Kaijun

Active Member
After I inflated tyres for my landy at a petrol station, I was hearing air hissing from one of the tyres, I could feel air pressure from its valve, anyway I drove home. Is it possible to fix it simply by myself or have tyre shop to check it, Thanks!
 
Either you need a new valve, or the valve's outer is not seated properly on the wheel.
A tyre place will probably fix this for not much money!
 
Thanks Stanleysteamer, do you mean a valve remover can do this job? What do you mean by tyre place?
You need to get hold of or make a valve removing tool, a pair of strong tweezers or a fine needle nose pliers should do the job. Just use them to take hold of the valve inside the thicker black rubber outer and unwind it anti-clockwise. The tyre will deflate obviously. Then replace it with a good one.
But, if the thing that holds the valve is not properly seated you may have to take it to a place that fits new tyres to get them to hoick it out and replace it with a new one and a valve.
But before you do any of this make sure that it isn't simply a question of a loose valve. Find or make up a tool to tighten it up inside the valve holder/outer. that may be all the problem is.
Also make sure that the tyre isn't just deflating because the wheel is corroded near the valve and the tyre rim is not seating properly on the wheel.
This is very common with aluminium wheels and you may have to take the wheel to a tyre place where they will remove the tyre, clean up the inside of the rim and then replace it. Cost is peanuts. I end up doing this about once every two years with one wheel or another.
 
If you put some more air in, given its leaked a load out, you might find it reseats itself. If not, press the middle of the valve down with a poking device and that might sort it. If not, the valve core will need to come out as explained above
 
I just tried a thin clipper, the hissing became weak, it seems the valve is loose.
Great!
When I went to get some new ones, the tyre place I regularly use gave me a handful of the ones they take off whenever they put a new tyre on, for nothing. So if you try this you may be lucky.
Of course there is always the possibility that there is a piece of foreign matter either in the valve or in its seat.
 
I bought a valve tool from halfords and got a valve from other tyre for time being. After I screwed up tightly and inflated, it had no air hissing, I checked other three tyres, there were about 2 turns to tighten up. Should I tighten or leave one or two turns?
 
That's why using something to push the valve down further than normal can help, bigger valve opening to let it blow through
Yep, got that, but if it is a persistent beggar, or too big to get through the gap....;)
Conversely, giving it another blast from the tye inflator, perhaps with the valve at the bottom of the wheel, may blow the foreign object back into the tyre. to come out again later!;)
 
I bought a valve tool from halfords and got a valve from other tyre for time being. After I screwed up tightly and inflated, it had no air hissing, I checked other three tyres, there were about 2 turns to tighten up. Should I tighten or leave one or two turns?

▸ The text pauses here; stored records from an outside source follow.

-- ===== src/Transfer/Frame/Laws.antt =====
-- What the frame reader sees at the front of a buffer (src/object-transfer.mjs).
use relayswarm.Base.{
  ℕ, ◌+◌, ◌*◌, ◌/◌, ◌%◌, ◌≤◌, ◌<◌, ◌≡◌, refl, ◌∙◌, false, ◌∷◌, ◌++◌, arith, length, length-drop,
  length-append, take-append, drop-append, take-length, drop-length, length-take,
}
use relayswarm.Transfer.Frame.{
  Bytes, more, bad, whole, next_frame, read_body, encode_frame, ok, TransferError, max_frame_bytes,
  bad_kind, header, header_bytes, read_uint32_be,
}

read_body-whole-append :
    (kind size : ℕ) (body after : Bytes) {k : ℕ} {p r : Bytes}
    → read_body kind size body ≡ whole k p r
    → read_body kind size (body ++ after) ≡ whole k p (r ++ after)
unfolding read_body
read_body-whole-append kind size body after h =
    ground
      (arith, length-append body after, take-append size body after, drop-append size body after)

read_body-bad-append :
    (kind size : ℕ) (body after : Bytes) {e : TransferError}
    → read_body kind size body ≡ bad e
    → read_body kind size (body ++ after) ≡ bad e
unfolding read_body
read_body-bad-append kind size body after h = ground arith

pub next_frame-whole-append :
    (p after : Bytes) {k : ℕ} {b r : Bytes}
    → next_frame p ≡ whole k b r
    → next_frame (p ++ after) ≡ whole k b (r ++ after)
unfolding next_frame
next_frame-whole-append (m0 ∷ m1 ∷ v ∷ kind ∷ a ∷ b ∷ c ∷ d ∷ body) after {k} {b = p} {r} h =
    ground (
      arith,
      read_body-whole-append kind (read_uint32_be a b c d) body after {k = k} {p = p} {r = r},
    )
next_frame-whole-append _ after h = cc

pub next_frame-bad-append :
    (p after : Bytes) {e : TransferError} → next_frame p ≡ bad e → next_frame (p ++ after) ≡ bad e
unfolding next_frame
next_frame-bad-append (m0 ∷ m1 ∷ v ∷ kind ∷ a ∷ b ∷ c ∷ d ∷ body) after {e} h =
    ground (arith, read_body-bad-append kind (read_uint32_be a b c d) body after {e = e})
next_frame-bad-append _ after h = cc

-- A whole frame shortens the buffer, by the header at least.
pub next_frame-lt :
    (p : Bytes) {k : ℕ} {b r : Bytes}
    → next_frame p ≡ whole k b r
    → length r + header_bytes + length b ≡ length p
unfolding next_frame read_body
next_frame-lt (m0 ∷ m1 ∷ v ∷ kind ∷ a ∷ b ∷ c ∷ d ∷ body) h = ground (
  arith,
  length-drop (a * 16777216 + b * 65536 + c * 256 + d) body,
  length-take (a * 16777216 + b * 65536 + c * 256 + d) body,
)
next_frame-lt _ h = cc

encode_frame-ok :
    (kind : ℕ) (body : Bytes) {wire : Bytes}
    → encode_frame kind body ≡ ok wire
    → (bad_kind kind ≡ false)
      × (length body ≤ max_frame_bytes)
      × (wire ≡ header kind (length body) ++ body)
unfolding encode_frame
encode_frame-ok kind body h = ground arith

read_body-length :
    (kind : ℕ) (body after : Bytes)
    → bad_kind kind ≡ false
    → length body ≤ max_frame_bytes
    → read_body kind (length body) (body ++ after) ≡ whole kind body after
unfolding read_body
read_body-length kind body after k h =
    ground (arith, length-append body after, take-length body after, drop-length body after)

read_uint32_be-uint32_be :
    (n : ℕ)
    → n ≤ max_frame_bytes
    → read_uint32_be (n / 16777216 % 256) (n / 65536 % 256) (n / 256 % 256) (n % 256) ≡ n
read_uint32_be-uint32_be n h = omega arith

-- The reader finds the frame that was written, and leaves what follows it.
pub next_frame-encode :
    (kind : ℕ) (body after : Bytes) {wire : Bytes}
    → encode_frame kind body ≡ ok wire
    → next_frame (wire ++ after) ≡ whole kind body after
unfolding next_frame
next_frame-encode kind body after h =
    let (k, l, e) = encode_frame-ok kind body h in
    rw (e, read_uint32_be-uint32_be (length body) l) (read_body-length kind body after k l)

-- What is still needed is at most one frame's header and payload, and more than is there.
pub next_frame-more :
    (p : Bytes) {n : ℕ}
    → next_frame p ≡ more n
    → (length p < n) × (n ≤ header_bytes + max_frame_bytes) × (header_bytes ≤ n)
unfolding next_frame read_body
next_frame-more (m0 ∷ m1 ∷ v ∷ kind ∷ a ∷ b ∷ c ∷ d ∷ body) h = ground arith
next_frame-more _ h = ground arith

pub more-injective : {m n : ℕ} → more m ≡ more n → m ≡ n
more-injective h = cc

next_frame_short : (p : Bytes) → length p < header_bytes → next_frame p ≡ more header_bytes
unfolding next_frame
next_frame_short (m0 ∷ m1 ∷ v ∷ kind ∷ a ∷ b ∷ c ∷ d ∷ body) h = absurd (omega arith)
next_frame_short _ h = refl

read_body-more-append :
    (kind size : ℕ) (body after : Bytes) {n : ℕ}
    → read_body kind size body ≡ more n
    → length (body ++ after) + header_bytes < n
    → read_body kind size (body ++ after) ≡ more n
unfolding read_body
read_body-more-append kind size body after h l = ground (arith, length-append body after)

-- While fewer bytes are there than a frame needs, the reader still waits for as many.
pub next_frame-more-append :
    (p after : Bytes) {n : ℕ}
    → next_frame p ≡ more n
    → length (p ++ after) < n
    → next_frame (p ++ after) ≡ more n
unfolding next_frame
next_frame-more-append (m0 ∷ m1 ∷ v ∷ kind ∷ a ∷ b ∷ c ∷ d ∷ body) after {n} h l =
    ground (arith, read_body-more-append kind (read_uint32_be a b c d) body after {n = n})
next_frame-more-append p after h l = next_frame_short (p ++ after) (rw (more-injective h) l) ∙ h
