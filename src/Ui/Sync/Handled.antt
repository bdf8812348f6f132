-- ===== src/Ui/Sync/Handled.antt =====
-- What the keys and the messages of sync do to the register: nothing.
use tui_ssh_client.Prelude.{
  ◌≡◌, refl, sym, ap, ◌∙◌, subst, inl, Bool, true, List, [], ◌∷◌, ◌++◌, Option, none, some, All,
  All-append, All-set, if_both,
}
use tui_ssh_client.Prelude.Text.{Text}
use tui_ssh_client.Config.VaultFile.{Outside}
use tui_ssh_client.Ui.Sync.{
  Auth, Registration, Form, Checked, wrong, right, form_auth, Fetched, Cmd, apply_pull, SyncApp,
  SyncKey, sync_cancel, sync_next, sync_prev, sync_submit, close_sync, open_sync,
}
use tui_ssh_client.Ui.Sync.Handlers.{
  submit, form_key, form_keys, handle_sync_key, start_push_with, start_push, start_pull_with,
  start_pull, confirm_yes, answer_pull, kept_sha, same_file, pushed_with,
}
use tui_ssh_client.Ui.Sync.World.{GitHub, World, took}
use tui_ssh_client.Ui.Sync.Register.{Register}
use tui_ssh_client.Ui.Sync.Simulates.{
  is_set, IsShaOf, IsBrought, CmdOk, AskOk, Simulates, Grows, AskOk-Grows, sha_at-IsShaOf,
}
use tui_ssh_client.Ui.Sync.Moves.{took-Simulates}

module _ (g : GitHub) (o : Outside) (w : World) (s : Register) (h : Simulates g o w s) where
  -- A handler that leaves registration, shas and question alone.
  pub same-Simulates :
      (a : SyncApp) (cs : List Cmd)
      → a.registration ≡ w.app.registration
      → a.shas ≡ w.app.shas
      → a.confirm ≡ w.app.confirm
      → All (CmdOk g o s (is_set w.app.registration)) cs
      → Simulates g o (took w (a, cs)) s
  same-Simulates a cs r q f ok =
      took-Simulates g o w s a cs h (λ x. ap is_set r ∙ x)
        (subst (All (IsShaOf g o s.seen)) (sym q) h.shas)
        (subst (AskOk g o s (is_set a.registration)) (sym f)
          (subst (λ x. AskOk g o s (is_set x) w.app.confirm) (sym r) h.ask))
        (subst (λ x. All (CmdOk g o s (is_set x)) cs) (sym r) ok)

  submit-Simulates : (f : Form) (c : Checked) → Simulates g o (took w (submit f c w.app)) s
  unfolding submit
  submit-Simulates f (wrong e) = same-Simulates _ [] refl refl refl tt
  submit-Simulates f (right auth) = same-Simulates _ _ refl refl refl (tt, tt)

  form_key-Simulates : (f : Form) (k : SyncKey) → Simulates g o (took w (form_key f k w.app)) s
  unfolding form_key close_sync
  form_key-Simulates f sync_cancel = same-Simulates _ [] refl refl refl tt
  form_key-Simulates f sync_next = same-Simulates _ [] refl refl refl tt
  form_key-Simulates f sync_prev = same-Simulates _ [] refl refl refl tt
  form_key-Simulates f (sync_submit fields) =
      submit-Simulates f (form_auth fields w.app.registration)

  form_keys-Simulates :
      (f : Option Form) (k : SyncKey) → Simulates g o (took w (form_keys f k w.app)) s
  unfolding form_keys
  form_keys-Simulates none k = same-Simulates w.app [] refl refl refl tt
  form_keys-Simulates (some f) k =
      if_both (λ (x : SyncApp × List Cmd). Simulates g o (took w x) s) f.busy _ _
        (same-Simulates w.app [] refl refl refl tt) (form_key-Simulates f k)

  pub key-Simulates : (k : SyncKey) → Simulates g o (took w (handle_sync_key k w.app)) s
  unfolding handle_sync_key
  key-Simulates k = form_keys-Simulates w.app.form k

  pub open-Simulates : Simulates g o (took w (open_sync w.app, [])) s
  unfolding open_sync
  open-Simulates = same-Simulates _ [] refl refl refl tt

  push_with-Simulates :
      (r : Option Registration) → Simulates g o (took w (start_push_with r w.app)) s
  unfolding start_push_with
  push_with-Simulates none = same-Simulates _ [] refl refl refl tt
  push_with-Simulates (some r) = same-Simulates _ _ refl refl refl (tt, tt)

  pub push-Simulates : Simulates g o (took w (start_push w.app)) s
  unfolding start_push
  push-Simulates = push_with-Simulates w.app.registration

  pull_with-Simulates :
      (r : Option Registration)
      → w.app.registration ≡ r
      → Simulates g o (took w (start_pull_with r w.app)) s
  unfolding start_pull_with
  pull_with-Simulates none e = same-Simulates _ [] refl refl refl tt
  pull_with-Simulates (some r) e = same-Simulates _ _ refl refl refl (ap is_set e, tt)

  pub pull-Simulates : Simulates g o (took w (start_pull w.app)) s
  unfolding start_pull
  pull-Simulates = pull_with-Simulates w.app.registration refl

  apply_pull-CmdOk :
      (blob sha : Text) (r : Option Registration)
      → is_set r ≡ true
      → IsBrought g o s blob sha
      → CmdOk g o s (is_set r) (apply_pull blob sha r)
  apply_pull-CmdOk blob sha none e p = absurd (cc)
  apply_pull-CmdOk blob sha (some r) e p = p

  confirm-Simulates :
      (f : Option Fetched)
      → AskOk g o s (is_set w.app.registration) f
      → Simulates g o (took w (confirm_yes f w.app)) s
  unfolding confirm_yes
  confirm-Simulates none k = same-Simulates w.app [] refl refl refl tt
  confirm-Simulates (some f) k =
      took-Simulates g o w s _ _ h (λ x. x) h.shas tt
        (apply_pull-CmdOk f.blob f.sha w.app.registration k.0 k.1, tt)

  pub answer-Simulates : (b : Bool) → Simulates g o (took w (answer_pull b w.app)) s
  unfolding answer_pull
  answer-Simulates b =
      if_both (λ (x : SyncApp × List Cmd). Simulates g o (took w x) s) b _ _
        (confirm-Simulates w.app.confirm h.ask)
        (took-Simulates g o w s _ [] h (λ x. x) h.shas tt tt)

  -- A new pointer, with a sha that is known.
  pub register-Simulates :
      (auth : Auth) (sha : Text) (a : SyncApp) (cs : List Cmd)
      → IsShaOf g o s.seen sha
      → is_set a.registration ≡ true
      → a.shas ≡ w.app.shas ++ sha ∷ []
      → a.confirm ≡ w.app.confirm
      → All (CmdOk g o s true) cs
      → Simulates g o (took w (a, cs)) s
  register-Simulates auth sha a cs known r q f ok =
      let b = is_set w.app.registration in
      let k : Grows g o s b s true = record {
        seen = λ c x. x;
        fetched = λ c x. x;
        set = λ x. refl;
      } in
      took-Simulates g o w s a cs h (λ x. r)
        (subst (All (IsShaOf g o s.seen)) (sym q)
          (All-append (IsShaOf g o s.seen) w.app.shas (sha ∷ []) h.shas (known, tt)))
        (subst (AskOk g o s (is_set a.registration)) (sym f) (
          subst (λ x. AskOk g o s x w.app.confirm) (sym r)
            (AskOk-Grows g o s b s true k w.app.confirm h.ask)))
        (subst (λ x. All (CmdOk g o s x) cs) (sym r) ok)

  pub kept_sha-IsShaOf :
      (r : Option Registration) (auth : Auth) → IsShaOf g o s.seen (kept_sha r auth w.app.shas)
  unfolding kept_sha
  kept_sha-IsShaOf none auth = inl refl
  kept_sha-IsShaOf (some old) auth =
      if_both (IsShaOf g o s.seen) (same_file old.auth auth) _ _
        (sha_at-IsShaOf g o s.seen w.app.shas old.cell h.shas) (inl refl)

  pub pushed_with-All :
      (r : Option Registration) (sha : Text)
      → IsShaOf g o s.seen sha
      → All (IsShaOf g o s.seen) (pushed_with r sha w.app.shas)
  unfolding pushed_with
  pushed_with-All none sha k = h.shas
  pushed_with-All (some r) sha k = All-set (IsShaOf g o s.seen) w.app.shas r.cell sha h.shas k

As a general rule, tighten right up then undo 1/4 to 1/2 a turn i'd say. Any others with different views?
Looks as if it was a foreign object, or a dodgy valve. Pleased you've solved it!
(My tyre pressure gauge has a black plastic thing on it which can be used to open and close the valves so they don't need to be done up very tight!)
:):):)
 
I change my own tyres, so am taking valve cores out all the time.
When i put them back in, screw in until you meet resistance, then 1/8-1/4 of a turn so the rubber seats nicely without over doing it
 
I change my own tyres, so am taking valve cores out all the time.
When i put them back in, screw in until you meet resistance, then 1/8-1/4 of a turn so the rubber seats nicely without over doing it
Well that's me told! Thanks for the words from a pro!:):):)
(Although it prolly would come to much the same. Depends on what you/I/ anyone else mean by "tight"!)
 
Well that's me told! Thanks for the words from a pro!:):):)
(Although it prolly would come to much the same. Depends on what you/I/ anyone else mean by "tight"!)
That's it, too loose and it'll leak or come undone, too tight and you risk damaging the seal and it leaks.
Goldilocks got it right
 
If valve is not tightened, I wonder it could become loose later. I found my tyres have more or less air leaking after three months or longer. Maybe loose two turns explains it.